Source data:
..........
-- An average over at least ten bills, or of an item among so many bills.
abbrev pub IsAverageOf :
    Option TotalRow → List (Text × Option ℤ) → Option Text → Option ℕ → ℤ → Type 0
IsAverageOf total items item sample v =
    (row : TotalRow) × (n : ℕ) × (total ≡ some row)
    × (row.sample_size ≡ some n)
    × (sample ≡ some n)
    × (10 ≤ n)
    × elim item [ none ↦ row.avg_total ≡ some v | some query ↦ HasItem query (known_items items) v ]

aggregate-Shows :
    (label : Text) (kind : TargetKind) (total : Option TotalRow) (items : List (Text × Option ℤ))
    (item : Option Text)
    → Shows (IsAverageOf total items item) (aggregate label kind total items item).row
unfolding aggregate of_average of_sample
aggregate-Shows label kind none items item = tt
aggregate-Shows label kind (some row) items item = go row.sample_size refl row.avg_total refl
  where
    large :
        (n : ℕ) (avg : ℤ) (i : Option Text)
        → row.sample_size ≡ some n
        → row.avg_total ≡ some avg
        → ltb n min_peer_sample ≡ false
        → Shows (IsAverageOf (some row) items i) (of_sample label kind avg n items i).row
    large n avg none e f h = (row, n, refl, e, refl, ground arith, f)
    large n avg (some query) e f h =
        of_item-Shows (IsAverageOf (some row) items (some query)) label kind (some n) query
          (known_items items) (λ v m. (row, n, refl, e, refl, ground arith, m))

    go :
        (sample : Option ℕ)
        → row.sample_size ≡ sample
        → (avg : Option ℤ) → row.avg_total ≡ avg
        → Shows
            (IsAverageOf (some row) items item)
            (of_average label kind (counted sample) items item avg).row
    go sample e none f = tt
    go none e (some avg) f = tt
    go (some n) e (some avg) f =
        if_holds (λ (r : Resolved). Shows (IsAverageOf (some row) items item) r.row) (n == 0) _ _
          (λ _. tt)
          (λ _.
            if_holds (λ (r : Resolved). Shows (IsAverageOf (some row) items item) r.row)
              (ltb n min_peer_sample) _ _ (λ small. tt) (large n avg item e f))
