-- ===== src/FeePeriods/Months.antt =====
-- Folded periods are months of a calendar, all or none.
use liviq.Base.{
  ℕ, subst, ◌≤◌, ◌<◌, ◌≡◌, refl, sym, ◌⊎◌, inl, inr, Bool, true, false, ◌&&◌, Option, none, some,
  List, [], ◌∷◌, map, arith, leb, is_empty, Text, join, strip, Bool-cases, Option-cases,
  some_cancel,
}
use liviq.FeePeriods.{
  MonthMatch, fold_period_token, fold_periods, all_some, split_from, printed_month,
}

module _ (is_space : ℕ → Bool) (match : Text → Option MonthMatch) (this_year : ℕ) where
  -- A part that is read as a month of the calendar, and how that month is printed.
  pub record IsRead (part printed : Text) : Type 0 where
    pub found : MonthMatch
    pub matched : match (strip is_space part) ≡ some found
    pub first : 1 ≤ found.month
    pub last : found.month ≤ 12
    pub prints :
        printed ≡ printed_month (elim found.year [ some y ↦ y | none ↦ this_year ]) found.month

  -- A part that does not match, or whose month is none of the calendar.
  abbrev pub IsUnread : Text → Type 0
  IsUnread part =
      (match (strip is_space part) ≡ none)
      ⊎ ((m : MonthMatch) × (match (strip is_space part) ≡ some m)
          × ((m.month < 1) ⊎ (12 < m.month)))

  abbrev pub HasUnread : List Text → Type 0
  HasUnread [] = ⊥
  HasUnread (part ∷ parts) = IsUnread part ⊎ HasUnread parts

  -- The parts in order, each beside its month.
  abbrev pub AreRead : List Text → List Text → Type 0
  AreRead [] [] = Unit
  AreRead (part ∷ parts) (t ∷ ts) = IsRead part t × AreRead parts ts
  AreRead _ _ = ⊥

  token_of : Text → Option Text
  token_of part = fold_period_token is_space match this_year part false

  token_of-IsRead : (part t : Text) → token_of part ≡ some t → IsRead part t
  unfolding token_of fold_period_token
  token_of-IsRead part t h = elim (Option-cases (match (strip is_space part))) [
    | inl e ↦ absurd (none≢some (rw (e, fold_period_token) at h))
    | inr (m, e) ↦ elim (Bool-cases (leb 1 m.month && leb m.month 12)) [
      | inr out ↦ absurd (none≢some (rw (e, out, fold_period_token) at h))
      | inl within ↦ record {
        found = m;
        matched = e;
        first = ground arith;
        last = ground arith;
        prints = sym (some_cancel (rw (e, within, fold_period_token) at h));
      }
    ]
  ]
    where
      none≢some : {A : Type 0} {a : A} → (none ≡ some a) → ⊥
      none≢some q = cc

  token_of-IsUnread : (part : Text) → token_of part ≡ none → IsUnread part
  unfolding token_of fold_period_token
  token_of-IsUnread part h = elim (Option-cases (match (strip is_space part))) [
    | inl e ↦ inl e
    | inr (m, e) ↦ elim (Bool-cases (leb 1 m.month)) [
      | inr early ↦ inr (m, e, inl (ground arith))
      | inl first ↦ elim (Bool-cases (leb m.month 12)) [
        | inr late ↦ inr (m, e, inr (ground arith))
        | inl last ↦
            let g : some (printed_month (elim m.year [ some y ↦ y | none ↦ this_year ]) m.month)
                ≡ none =
              rw (e, first, last, fold_period_token) at h in
            cc
      ]
    ]
  ]

  all_some-AreRead :
      (parts months : List Text)
      → all_some (map token_of parts) ≡ some months
      → AreRead parts months
  unfolding all_some
  all_some-AreRead [] [] h = tt
  all_some-AreRead [] (t ∷ ts) h = cc
  all_some-AreRead (part ∷ parts) months h = elim (Option-cases (token_of part)) [
    | inl e ↦ let g : none ≡ some months = rw (e, all_some) at h in cc
    | inr (t, e) ↦ elim (Option-cases (all_some (map token_of parts))) [
      | inl f ↦ let g : none ≡ some months = rw (e, f, all_some) at h in cc
      | inr (ts, f) ↦
          subst (AreRead (part ∷ parts)) (some_cancel (rw (e, f, all_some) at h))
            (token_of-IsRead part t e, all_some-AreRead parts ts f)
    ]
  ]

  all_some-HasUnread : (parts : List Text) → all_some (map token_of parts) ≡ none → HasUnread parts
  unfolding all_some
  all_some-HasUnread [] h = cc
  all_some-HasUnread (part ∷ parts) h = elim (Option-cases (token_of part)) [
    | inl e ↦ inl (token_of-IsUnread part e)
    | inr (t, e) ↦ elim (Option-cases (all_some (map token_of parts))) [
      | inl f ↦ inr (all_some-HasUnread parts f)
      | inr (ts, f) ↦ let g : some (t ∷ ts) ≡ none = rw (e, f, all_some) at h in cc
    ]
  ]

  -- Whatever the regular expression matches: either the text stays as it is, and it is blank or
  -- has a part between commas that does not match or whose month is not from 1 to 12; or it is
  -- not blank, every part matches with a month from 1 to 12, and the text becomes those months in
  -- the order of the parts, each printed with its year, or with the current one where it has
  -- none, and joined by commas.
  pub fold_periods-AreRead :
      (value : Text)
      → ((fold_periods is_space match this_year value ≡ value)
          × ((is_empty (strip is_space value) ≡ true) ⊎ HasUnread (split_from [] value)))
        ⊎ ((is_empty (strip is_space value) ≡ false)
            × ((months : List Text) × (fold_periods is_space match this_year value
                  ≡ join (44 ∷ []) months)
                × AreRead (split_from [] value) months))
  unfolding fold_periods token_of
  fold_periods-AreRead value = elim (Bool-cases (is_empty (strip is_space value))) [
    | inl blank ↦ inl (rw (blank, fold_periods) refl, inl blank)
    | inr ink ↦ elim (Option-cases (all_some (map token_of (split_from [] value)))) [
      | inl e ↦
          inl (rw (ink, e, fold_periods) refl, inr (all_some-HasUnread (split_from [] value) e))
      | inr (months, e) ↦ inr (
        ink,
        (months, rw (ink, e, fold_periods) refl, all_some-AreRead (split_from [] value) months e),
      )
    ]
  ]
..........
Task statement: Write the data out in full, matching every line exactly.

Result below:
-- An average over at least ten bills, or of an item among so many bills.
abbrev pub IsAverageOf :
    Option TotalRow → List (Text × Option ℤ) → Option Text → Option ℕ → ℤ → Type 0
IsAverageOf total items item sample v =
    (row : TotalRow) × (n : ℕ) × (total ≡ some row)
    × (row.sample_size ≡ some n)
    × (sample ≡ some n)
    × (10 ≤ n)
    × elim item [ none ↦ row.avg_total ≡ some v | some query ↦ HasItem query (known_items items) v ]

aggregate-Shows :
    (label : Text) (kind : TargetKind) (total : Option TotalRow) (items : List (Text × Option ℤ))
    (item : Option Text)
    → Shows (IsAverageOf total items item) (aggregate label kind total items item).row
unfolding aggregate of_average of_sample
aggregate-Shows label kind none items item = tt
aggregate-Shows label kind (some row) items item = go row.sample_size refl row.avg_total refl
  where
    large :
        (n : ℕ) (avg : ℤ) (i : Option Text)
        → row.sample_size ≡ some n
        → row.avg_total ≡ some avg
        → ltb n min_peer_sample ≡ false
        → Shows (IsAverageOf (some row) items i) (of_sample label kind avg n items i).row
    large n avg none e f h = (row, n, refl, e, refl, ground arith, f)
    large n avg (some query) e f h =
        of_item-Shows (IsAverageOf (some row) items (some query)) label kind (some n) query
          (known_items items) (λ v m. (row, n, refl, e, refl, ground arith, m))

    go :
        (sample : Option ℕ)
        → row.sample_size ≡ sample
        → (avg : Option ℤ) → row.avg_total ≡ avg
        → Shows
            (IsAverageOf (some row) items item)
            (of_average label kind (counted sample) items item avg).row
    go sample e none f = tt
    go none e (some avg) f = tt
    go (some n) e (some avg) f =
        if_holds (λ (r : Resolved). Shows (IsAverageOf (some row) items item) r.row) (n == 0) _ _
          (λ _. tt)
          (λ _.
            if_holds (λ (r : Resolved). Shows (IsAverageOf (some row) items item) r.row)
              (ltb n min_peer_sample) _ _ (λ small. tt) (large n avg item e f))
-- ===== src/FeePeriods/Months.antt =====
-- Folded periods are months of a calendar, all or none.
use liviq.Base.{
  ℕ, subst, ◌≤◌, ◌<◌, ◌≡◌, refl, sym, ◌⊎◌, inl, inr, Bool, true, false, ◌&&◌, Option, none, some,
  List, [], ◌∷◌, map, arith, leb, is_empty, Text, join, strip, Bool-cases, Option-cases,
  some_cancel,
}
use liviq.FeePeriods.{
  MonthMatch, fold_period_token, fold_periods, all_some, split_from, printed_month,
}

module _ (is_space : ℕ → Bool) (match : Text → Option MonthMatch) (this_year : ℕ) where
  -- A part that is read as a month of the calendar, and how that month is printed.
  pub record IsRead (part printed : Text) : Type 0 where
    pub found : MonthMatch
    pub matched : match (strip is_space part) ≡ some found
    pub first : 1 ≤ found.month
    pub last : found.month ≤ 12
    pub prints :
        printed ≡ printed_month (elim found.year [ some y ↦ y | none ↦ this_year ]) found.month

  -- A part that does not match, or whose month is none of the calendar.
  abbrev pub IsUnread : Text → Type 0
  IsUnread part =
      (match (strip is_space part) ≡ none)
      ⊎ ((m : MonthMatch) × (match (strip is_space part) ≡ some m)
          × ((m.month < 1) ⊎ (12 < m.month)))

  abbrev pub HasUnread : List Text → Type 0
  HasUnread [] = ⊥
  HasUnread (part ∷ parts) = IsUnread part ⊎ HasUnread parts

  -- The parts in order, each beside its month.
  abbrev pub AreRead : List Text → List Text → Type 0
  AreRead [] [] = Unit
  AreRead (part ∷ parts) (t ∷ ts) = IsRead part t × AreRead parts ts
  AreRead _ _ = ⊥

  token_of : Text → Option Text
  token_of part = fold_period_token is_space match this_year part false

  token_of-IsRead : (part t : Text) → token_of part ≡ some t → IsRead part t
  unfolding token_of fold_period_token
  token_of-IsRead part t h = elim (Option-cases (match (strip is_space part))) [
    | inl e ↦ absurd (none≢some (rw (e, fold_period_token) at h))
    | inr (m, e) ↦ elim (Bool-cases (leb 1 m.month && leb m.month 12)) [
      | inr out ↦ absurd (none≢some (rw (e, out, fold_period_token) at h))
      | inl within ↦ record {
        found = m;
        matched = e;
        first = ground arith;
        last = ground arith;
        prints = sym (some_cancel (rw (e, within, fold_period_token) at h));
      }
    ]
  ]
    where
      none≢some : {A : Type 0} {a : A} → (none ≡ some a) → ⊥
      none≢some q = cc

  token_of-IsUnread : (part : Text) → token_of part ≡ none → IsUnread part
  unfolding token_of fold_period_token
  token_of-IsUnread part h = elim (Option-cases (match (strip is_space part))) [
    | inl e ↦ inl e
    | inr (m, e) ↦ elim (Bool-cases (leb 1 m.month)) [
      | inr early ↦ inr (m, e, inl (ground arith))
      | inl first ↦ elim (Bool-cases (leb m.month 12)) [
        | inr late ↦ inr (m, e, inr (ground arith))
        | inl last ↦
            let g : some (printed_month (elim m.year [ some y ↦ y | none ↦ this_year ]) m.month)
                ≡ none =
              rw (e, first, last, fold_period_token) at h in
            cc
      ]
    ]
  ]

  all_some-AreRead :
      (parts months : List Text)
      → all_some (map token_of parts) ≡ some months
      → AreRead parts months
  unfolding all_some
  all_some-AreRead [] [] h = tt
  all_some-AreRead [] (t ∷ ts) h = cc
  all_some-AreRead (part ∷ parts) months h = elim (Option-cases (token_of part)) [
    | inl e ↦ let g : none ≡ some months = rw (e, all_some) at h in cc
    | inr (t, e) ↦ elim (Option-cases (all_some (map token_of parts))) [
      | inl f ↦ let g : none ≡ some months = rw (e, f, all_some) at h in cc
      | inr (ts, f) ↦
          subst (AreRead (part ∷ parts)) (some_cancel (rw (e, f, all_some) at h))
            (token_of-IsRead part t e, all_some-AreRead parts ts f)
    ]
  ]

  all_some-HasUnread : (parts : List Text) → all_some (map token_of parts) ≡ none → HasUnread parts
  unfolding all_some
  all_some-HasUnread [] h = cc
  all_some-HasUnread (part ∷ parts) h = elim (Option-cases (token_of part)) [
    | inl e ↦ inl (token_of-IsUnread part e)
    | inr (t, e) ↦ elim (Option-cases (all_some (map token_of parts))) [
      | inl f ↦ inr (all_some-HasUnread parts f)
      | inr (ts, f) ↦ let g : some (t ∷ ts) ≡ none = rw (e, f, all_some) at h in cc
    ]
  ]

  -- Whatever the regular expression matches: either the text stays as it is, and it is blank or
  -- has a part between commas that does not match or whose month is not from 1 to 12; or it is
  -- not blank, every part matches with a month from 1 to 12, and the text becomes those months in
  -- the order of the parts, each printed with its year, or with the current one where it has
  -- none, and joined by commas.
  pub fold_periods-AreRead :
      (value : Text)
      → ((fold_periods is_space match this_year value ≡ value)
          × ((is_empty (strip is_space value) ≡ true) ⊎ HasUnread (split_from [] value)))
        ⊎ ((is_empty (strip is_space value) ≡ false)
            × ((months : List Text) × (fold_periods is_space match this_year value
                  ≡ join (44 ∷ []) months)
                × AreRead (split_from [] value) months))
  unfolding fold_periods token_of
  fold_periods-AreRead value = elim (Bool-cases (is_empty (strip is_space value))) [
    | inl blank ↦ inl (rw (blank, fold_periods) refl, inl blank)
    | inr ink ↦ elim (Option-cases (all_some (map token_of (split_from [] value)))) [
      | inl e ↦
          inl (rw (ink, e, fold_periods) refl, inr (all_some-HasUnread (split_from [] value) e))
      | inr (months, e) ↦ inr (
        ink,
        (months, rw (ink, e, fold_periods) refl, all_some-AreRead (split_from [] value) months e),
      )
    ]
  ]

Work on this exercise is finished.